Calculate how many lines of the data hold "KeepsIds". The answer consists of that number only.

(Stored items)
[Start of Attachment]

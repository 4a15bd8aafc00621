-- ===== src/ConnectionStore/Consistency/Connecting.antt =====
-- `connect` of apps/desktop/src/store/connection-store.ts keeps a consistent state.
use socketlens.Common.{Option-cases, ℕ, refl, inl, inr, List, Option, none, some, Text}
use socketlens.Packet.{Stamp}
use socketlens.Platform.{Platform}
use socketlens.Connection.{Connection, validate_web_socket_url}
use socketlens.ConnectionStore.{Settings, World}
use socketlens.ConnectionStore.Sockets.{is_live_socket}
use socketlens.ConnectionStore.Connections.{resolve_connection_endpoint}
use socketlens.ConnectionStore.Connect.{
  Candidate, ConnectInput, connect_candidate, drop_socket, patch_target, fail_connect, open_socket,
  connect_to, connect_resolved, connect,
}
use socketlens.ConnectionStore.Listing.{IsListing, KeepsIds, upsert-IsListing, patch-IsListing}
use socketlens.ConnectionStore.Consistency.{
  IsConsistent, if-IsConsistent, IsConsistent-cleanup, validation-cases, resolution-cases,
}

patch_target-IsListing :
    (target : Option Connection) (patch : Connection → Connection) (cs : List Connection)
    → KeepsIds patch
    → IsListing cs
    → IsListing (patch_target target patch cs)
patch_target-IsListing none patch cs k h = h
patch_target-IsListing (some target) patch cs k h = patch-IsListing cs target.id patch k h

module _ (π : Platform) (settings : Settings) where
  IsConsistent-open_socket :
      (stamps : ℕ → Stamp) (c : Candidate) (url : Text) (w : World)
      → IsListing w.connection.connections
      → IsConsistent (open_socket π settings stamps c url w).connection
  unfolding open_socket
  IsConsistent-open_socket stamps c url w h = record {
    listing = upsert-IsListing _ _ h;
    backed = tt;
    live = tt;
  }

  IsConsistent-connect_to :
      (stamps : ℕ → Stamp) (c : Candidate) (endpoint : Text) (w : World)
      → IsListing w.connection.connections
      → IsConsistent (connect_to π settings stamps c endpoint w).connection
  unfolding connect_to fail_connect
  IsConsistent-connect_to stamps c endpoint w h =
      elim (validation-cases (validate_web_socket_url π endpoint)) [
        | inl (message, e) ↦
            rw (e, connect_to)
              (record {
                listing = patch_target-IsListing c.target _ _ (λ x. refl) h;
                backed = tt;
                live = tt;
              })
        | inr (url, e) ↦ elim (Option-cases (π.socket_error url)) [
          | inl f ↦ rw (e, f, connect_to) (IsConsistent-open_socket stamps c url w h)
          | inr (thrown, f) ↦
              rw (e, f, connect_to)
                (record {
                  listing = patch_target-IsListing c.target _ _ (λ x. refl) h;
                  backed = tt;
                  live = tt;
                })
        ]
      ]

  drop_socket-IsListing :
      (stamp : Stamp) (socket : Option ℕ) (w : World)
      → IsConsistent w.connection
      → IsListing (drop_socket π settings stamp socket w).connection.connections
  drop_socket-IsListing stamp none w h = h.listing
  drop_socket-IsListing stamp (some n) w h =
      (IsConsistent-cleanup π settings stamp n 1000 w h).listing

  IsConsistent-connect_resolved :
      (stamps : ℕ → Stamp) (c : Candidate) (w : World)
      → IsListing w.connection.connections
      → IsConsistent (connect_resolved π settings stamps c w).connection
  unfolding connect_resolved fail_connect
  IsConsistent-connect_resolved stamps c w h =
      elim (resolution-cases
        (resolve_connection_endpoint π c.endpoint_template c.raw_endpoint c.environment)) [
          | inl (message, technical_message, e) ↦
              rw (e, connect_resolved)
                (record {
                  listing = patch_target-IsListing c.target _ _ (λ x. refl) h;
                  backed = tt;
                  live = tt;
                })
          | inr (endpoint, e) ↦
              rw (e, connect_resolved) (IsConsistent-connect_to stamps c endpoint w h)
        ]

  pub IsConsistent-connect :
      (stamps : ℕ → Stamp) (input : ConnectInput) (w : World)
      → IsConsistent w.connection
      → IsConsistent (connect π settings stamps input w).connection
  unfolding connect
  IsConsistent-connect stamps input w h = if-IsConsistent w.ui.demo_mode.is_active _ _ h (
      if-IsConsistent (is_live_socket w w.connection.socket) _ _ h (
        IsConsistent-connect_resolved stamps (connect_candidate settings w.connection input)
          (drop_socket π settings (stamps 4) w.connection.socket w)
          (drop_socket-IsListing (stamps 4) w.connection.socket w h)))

[End of Attachment]

Exercise answer ::
2